Supplied information: Begin
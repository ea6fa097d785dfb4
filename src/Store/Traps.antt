-- ===== src/Store/Traps.antt =====
-- internal/store/traps.go: the table `traps`.
use mathlib.Core.List.{reverse}
use beacon_v.Prelude.{ℕ, zero, suc, String, some, List, [], ◌∷◌, ◌++◌, take, map, ℤ, pos, negsuc}
use beacon_v.Exec.{ok, pure, ◌>>=◌, or_fail}
use beacon_v.World.{wrap, TrapRow, Env, Go}
use beacon_v.Store.{statement, timed, value}

pub record Trap : Type 0 where
  pub id : ℕ
  pub source_ip : String
  pub oid : String
  pub payload : String
  pub community : String
  pub agent_address : String
  pub received_at : String

-- COALESCE(community, ''), COALESCE(agent_address, '').
abbrev pub trap_of : TrapRow → Trap
trap_of r = record {
  id = r.id;
  source_ip = r.source_ip;
  oid = r.oid;
  payload = r.payload;
  community = value r.community;
  agent_address = value r.agent_address;
  received_at = r.received_at;
}

abbrev pub trap_row : Trap → ℕ → String → TrapRow
trap_row t id now = record {
  id = id;
  source_ip = t.source_ip;
  oid = t.oid;
  payload = t.payload;
  community = some t.community;
  agent_address = some t.agent_address;
  received_at = now;
}

-- A limit that is not positive is 100.
abbrev pub effective_limit : ℤ → ℕ
effective_limit (pos zero) = 100
effective_limit (pos (suc n)) = suc n
effective_limit (negsuc n) = 100

abbrev pub insert_body : Trap → String → Go ℕ
insert_body t now w = (
  ok w.next_trap,
  record w { traps = w.traps ++ trap_row t w.next_trap now ∷ []; next_trap = suc w.next_trap },
)

module _ (env : Env) where
  unfoldable pub insert : Trap → Go ℕ
  unfolding timed
  insert t = or_fail (wrap "store: inserting trap") (timed env (insert_body t))

  -- ORDER BY id DESC LIMIT ?
  unfoldable pub list : ℤ → Go (List Trap)
  unfolding statement
  list limit = do
    rows ←
        or_fail (wrap "store: listing traps")
          (statement env (λ w. (ok (take (effective_limit limit) (reverse w.traps)), w)))
    pure (map trap_of rows)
Supplied information: End
Work to complete. Look through the entries above, and wherever a line holds the word "abbrev", copy it.

Task solution.
abbrev pub trap_of : TrapRow → Trap
abbrev pub trap_row : Trap → ℕ → String → TrapRow
abbrev pub effective_limit : ℤ → ℕ
abbrev pub insert_body : Trap → String → Go ℕ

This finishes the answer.